> [Exercise]
Scan the entries below for the word "stopped". Copy each line that has it.

== Source records ==

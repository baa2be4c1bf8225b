-- ===== src/Reactor/Channel/Total.antt =====
-- `Read` of Channel.h returns, as long as the bytes that wait can be counted in an `int`: the block grows
-- as they come, and the string shows the first of them.
use server_dev_lib.Base.{
  ℕ, zero, suc, ◌+◌, ◌-◌, ◌^◌, ◌≤◌, ◌<◌, ◌≡◌, refl, sym, ap, ◌∙◌, Bool, true, false, Option, some,
  List, [], ◌∷◌, ◌++◌, append-nil, append_assoc, arith, length, take, copy_at, length-copy_at,
  take-copy_at, length-append,
}
use server_dev_lib.Reactor.Channel.{
  Channel, Socket, Reserve, Got, Effect, buf_size, substr, make_room, after_read, read_loop,
  read_end, read,
}
use server_dev_lib.Reactor.Channel.Room.{HasRoom, make_room-HasRoom, make_room-shown}
use server_dev_lib.Reactor.Channel.Shown.{shown, read_end-shown}
use server_dev_lib.Reactor.Channel.Honest.{IsHonest, Delivers}
use server_dev_lib.Reactor.Channel.Receive.{read-result}

module _ {S : Type 0} {socket : Socket S} (string : Reserve) {pending : S → List ℕ}
    (honest : IsHonest socket pending) where
  -- What the loop leaves: it has ended, and `total` bytes are counted, which begin like `all`.
  pub record Ended (c : Channel) (total : ℕ) (all : List ℕ) (out : Option (Channel × S × Bool))
      : Type 0 where
    pub channel : Channel
    pub rest : S
    pub at_eof : Bool
    pub result : out ≡ some (channel, rest, at_eof)
    pub counted : channel.received_count ≡ total
    pub seen : shown (take total channel.received) ≡ shown all
    pub drained : pending rest ≡ []
    pub still : channel.active ≡ c.active
    pub same_fd : channel.fd ≡ c.fd

  -- The loop stops with nothing left.
  stopped :
      (c : Channel) (s s' : S) (at_eof : Bool)
      → pending s ≡ []
      → pending s' ≡ []
      → Ended c
          (c.received_count + length (pending s))
          (take c.received_count c.received ++ pending s)
          (some (c, s', at_eof))
  stopped c s s' at_eof before after = record {
    channel = c;
    rest = s';
    at_eof = at_eof;
    result = refl;
    counted = omega (arith, ap length before);
    seen = ap shown (ap (λ n. take n c.received) same ∙ sym all);
    drained = after;
    still = refl;
    same_fd = refl;
  }
    where
      same : c.received_count + length (pending s) ≡ c.received_count
      same = omega (arith, ap length before)

      all : take c.received_count c.received ++ pending s ≡ take c.received_count c.received
      all = rw before (append-nil (take c.received_count c.received))

  -- One result of `::read`, and the rest of the loop.
  after_read-Ended :
      (c : Channel) (s s' : S) (g : Got) (next : Channel → S → ℕ → Option (Channel × S × Bool))
      → HasRoom c
      → Delivers (length c.received - c.received_count) (pending s) g (pending s')
      → ((b : List ℕ)
          → 0 < length b
          → c.received_count + length b ≤ length c.received
          → length b + length (pending s') ≡ length (pending s)
          → let c' = record c { received = copy_at c.received c.received_count b } in
            Ended c'
              (c.received_count + length b + length (pending s'))
              (take (c.received_count + length b) c'.received ++ pending s')
              (next c' s' (length b)))
      → Ended c
          (c.received_count + length (pending s))
          (take c.received_count c.received ++ pending s)
          (after_read next c g s')
  unfolding after_read
  after_read-Ended c s s' (Got.bytes b) next h (some_bytes, fit, flow) ih = record {
    channel = r.channel;
    rest = r.rest;
    at_eof = r.at_eof;
    result = r.result;
    counted = omega (arith, r.counted, lengths);
    seen = rw (← total) (r.seen ∙ ap shown front);
    drained = r.drained;
    still = r.still;
    same_fd = r.same_fd;
  }
    where
      lengths : length b + length (pending s') ≡ length (pending s)
      lengths = sym (length-append b (pending s')) ∙ ap length flow

      c' : Channel
      c' = record c { received = copy_at c.received c.received_count b }

      within : c.received_count + length b ≤ length c.received
      within = omega (arith, h.room)

      r :
          Ended c'
            (c.received_count + length b + length (pending s'))
            (take (c.received_count + length b) c'.received ++ pending s')
            (next c' s' (length b))
      r = ih b some_bytes within lengths

      total :
          c.received_count + length b + length (pending s') ≡ c.received_count + length (pending s)
      total = omega (arith, lengths)

      front :
          take (c.received_count + length b) c'.received ++ pending s'
          ≡ take c.received_count c.received ++ pending s
      front =
          rw
            (
              take-copy_at c.received c.received_count b within,
              append_assoc (take c.received_count c.received) b (pending s'),
              flow,
            )
            refl
  after_read-Ended c s s' Got.eof next h (before, after) ih = stopped c s s' true before after
  after_read-Ended c s s' Got.failed next h (before, after) ih = stopped c s s' false before after

  read_loop-Ended :
      (fuel : ℕ) (c : Channel) (s : S) (got : ℕ)
      → length (pending s) < fuel
      → c.received_count + got ≤ length c.received
      → buf_size ≤ length c.received
      → Ended c
          (c.received_count + got + length (pending s))
          (take (c.received_count + got) c.received ++ pending s)
          (read_loop socket string fuel c s got (length c.received - c.received_count))
  unfolding read_loop make_room
  read_loop-Ended zero c s got f fits block = absurd (omega arith)
  read_loop-Ended (suc fuel) c s got f fits block = made (
      after_read-Ended c1 s s' g (λ c'' s'' n. read_loop socket string fuel c'' s'' n room) h
        (honest.delivers s room (omega (arith, h.room)))
        λ b some_bytes within lengths. rw (length-copy_at c1.received c1.received_count b) at (
          read_loop-Ended fuel (record c1 { received = copy_at c1.received c1.received_count b }) s'
            (length b) (omega arith) (rw (length-copy_at c1.received c1.received_count b) within)
            (rw (length-copy_at c1.received c1.received_count b) h.block)))
    where
      c1 : Channel
      c1 = make_room socket string c got (length c.received - c.received_count)

      h : HasRoom c1
      h = make_room-HasRoom socket string c got fits block

      room : ℕ
      room = length c1.received - c1.received_count

      g : Got
      g = (socket.read s room).0

      s' : S
      s' = (socket.read s room).1

      made :
          {out : Option (Channel × S × Bool)}
          → Ended c1
              (c.received_count + got + length (pending s))
              (take c1.received_count c1.received ++ pending s)
              out
          → Ended c
              (c.received_count + got + length (pending s))
              (take (c.received_count + got) c.received ++ pending s)
              out
      made r = record {
        channel = r.channel;
        rest = r.rest;
        at_eof = r.at_eof;
        result = r.result;
        counted = r.counted;
        seen = r.seen ∙ make_room-shown socket string c got (pending s) block;
        drained = r.drained;
        still = r.still;
        same_fd = r.same_fd;
      }

  -- The loop as `Read` enters it.
  pub loop-Ended :
      (fuel : ℕ) (c : Channel) (s : S)
      → length (pending s) < fuel
      → c.received_count ≤ length c.received
      → buf_size ≤ length c.received
      → Ended c
          (c.received_count + length (pending s))
          (take c.received_count c.received ++ pending s)
          (read_loop socket string fuel c s 0 (length c.received - c.received_count))
  loop-Ended fuel c s f fits block =
      let none_yet : c.received_count + 0 ≡ c.received_count = omega arith in
      rw none_yet at (read_loop-Ended fuel c s 0 f (omega arith) block)

  -- `Read` with the callback, on an active channel over a socket that does not block, with a block of
  -- at least the size of the string, fewer than 2 ^ 31 bytes counted and pending, so that
  -- `_receivedCount` does not overflow, and more fuel than pending bytes: it returns, with nothing
  -- pending; the number of all bytes, counted and pending, is reported and kept in the channel, and the
  -- callback and the channel show the first 128 of them, in order.
  pub read_total :
      (fuel : ℕ) (has_notify : Bool) (c : Channel) (s : S)
      → c.active ≡ true
      → length (pending s) < fuel
      → c.received_count ≤ length c.received
      → buf_size ≤ length c.received
      → c.received_count + length (pending s) < 2 ^ 31
      → let n = c.received_count + length (pending s) in
        let all = take c.received_count c.received ++ pending s in
        (c' : Channel) × (s' : S) × (rest : List Effect) × (read socket string fuel true has_notify
            c s
          ≡ some (c', s', Effect.received_cb n (take buf_size all) ∷ rest))
        × (c'.received_count ≡ n)
        × (substr c'.received n ≡ take buf_size all)
        × (pending s' ≡ [])
  read_total fuel has_notify c s on f fits block small =
      let (c', es) = read_end true has_notify r.channel r.at_eof in
      let (rest, told, n, held) =
        read_end-shown r.channel has_notify r.at_eof _ _ r.counted r.seen in
      (
        c',
        r.rest,
        rest,
        read-result string honest fuel true has_notify c r.channel s r.rest r.at_eof on r.result
            ∙ ap (λ e. some (c', r.rest, e)) told,
        n,
        held,
        r.drained,
      )
    where
      r :
          Ended c
            (c.received_count + length (pending s))
            (take c.received_count c.received ++ pending s)
            (read_loop socket string fuel c s 0 (length c.received - c.received_count))
      r = loop-Ended fuel c s f fits block
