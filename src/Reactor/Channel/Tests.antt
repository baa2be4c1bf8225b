-- ===== src/Reactor/Channel/Tests.antt =====
-- Tests of Channel.h, and its theorems at inputs that meet their hypotheses.
use server_dev_lib.Base.{
  ℕ, ◌≡◌, refl, true, false, some, List, [], ◌∷◌, ◌++◌, arith, length, take, replicate,
  length-replicate, copy_at,
}
use mathlib.Core.Option
use server_dev_lib.Base.Int.{pos, negsuc}
use server_dev_lib.Reactor.Channel.{
  Channel, Effect, buf_size, substr, init, read_loop, read_end, read, write, notify_write_event,
  get_received_data,
}
use server_dev_lib.Reactor.Channel.Receive.{read_delivers}
use server_dev_lib.Reactor.Channel.Total.{read_total}
use server_dev_lib.Reactor.Channel.Samples.{
  list_socket, list_socket-IsHonest, growing, open_channel, grown,
}
use server_dev_lib.Reactor.Channel.Send.{Op, notify, writable, run, sent_bytes, send_fifo}

inactive_start : ((init (negsuc 0) true).active ≡ false) × ((init (pos 0) true).active ≡ false)
unfolding init
inactive_start = (refl, refl)

-- 200 pending bytes: the callback is told 200 and given 128.
long_read_truncates :
    Option.map {B = ℕ × ℕ}
      (λ t. (t.0.received_count, length (get_received_data t.0).0))
      (read
        (list_socket false)
        growing
        9
        false
        false
        (record open_channel { received_count = 0 })
        (replicate 200 5))
    ≡ some (200, 128)
unfolding read read_loop read_end get_received_data grown copy_at
long_read_truncates = refl

read_delivers_example :
    (c' : Channel) × (s' : List ℕ) × (rest : List Effect) × (read
        (list_socket false)
        growing
        5
        true
        false
        open_channel
        (3 ∷ 4 ∷ [])
      ≡ some (c', s', Effect.received_cb 4 (1 ∷ 1 ∷ 3 ∷ 4 ∷ []) ∷ rest))
    × (c'.received_count ≡ 4)
    × (substr c'.received 4 ≡ 1 ∷ 1 ∷ 3 ∷ 4 ∷ [])
    × (s' ≡ [])
read_delivers_example =
    read_delivers growing (list_socket-IsHonest false) 5 false open_channel (3 ∷ 4 ∷ []) refl
      (omega arith) (omega arith) (omega arith)

read_total_example :
    (c' : Channel) × (s' : List ℕ) × (rest : List Effect) × (read
        (list_socket false)
        growing
        201
        true
        false
        open_channel
        (replicate 200 5)
      ≡ some (c', s', Effect.received_cb 202 (take buf_size (1 ∷ 1 ∷ replicate 200 5)) ∷ rest))
    × (c'.received_count ≡ 202)
    × (substr c'.received 202 ≡ take buf_size (1 ∷ 1 ∷ replicate 200 5))
    × (s' ≡ [])
read_total_example =
    read_total growing (list_socket-IsHonest false) 201 false open_channel (replicate 200 5) refl
      (omega (arith, length-replicate {A = ℕ} 200 5)) (omega arith) (omega arith)
      (omega (arith, length-replicate {A = ℕ} 200 5))

abbrev script : List Op
script = notify (1 ∷ 2 ∷ 3 ∷ []) ∷ writable ∷ notify (4 ∷ []) ∷ writable ∷ []

sends : (run (list_socket false) script open_channel []).1 ≡ 9 ∷ 1 ∷ 2 ∷ 3 ∷ 4 ∷ []
unfolding run sent_bytes write notify_write_event
sends = refl

send_fifo_example :
    let (c', log) = run (list_socket false) script open_channel [] in
    log ++ c'.sending ≡ 9 ∷ 1 ∷ 2 ∷ 3 ∷ 4 ∷ []
send_fifo_example = send_fifo (list_socket false) script open_channel [] refl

===

> [Answer]
  stopped :
  stopped c s s' at_eof before after = record {
  after_read-Ended c s s' Got.eof next h (before, after) ih = stopped c s s' true before after
  after_read-Ended c s s' Got.failed next h (before, after) ih = stopped c s s' false before after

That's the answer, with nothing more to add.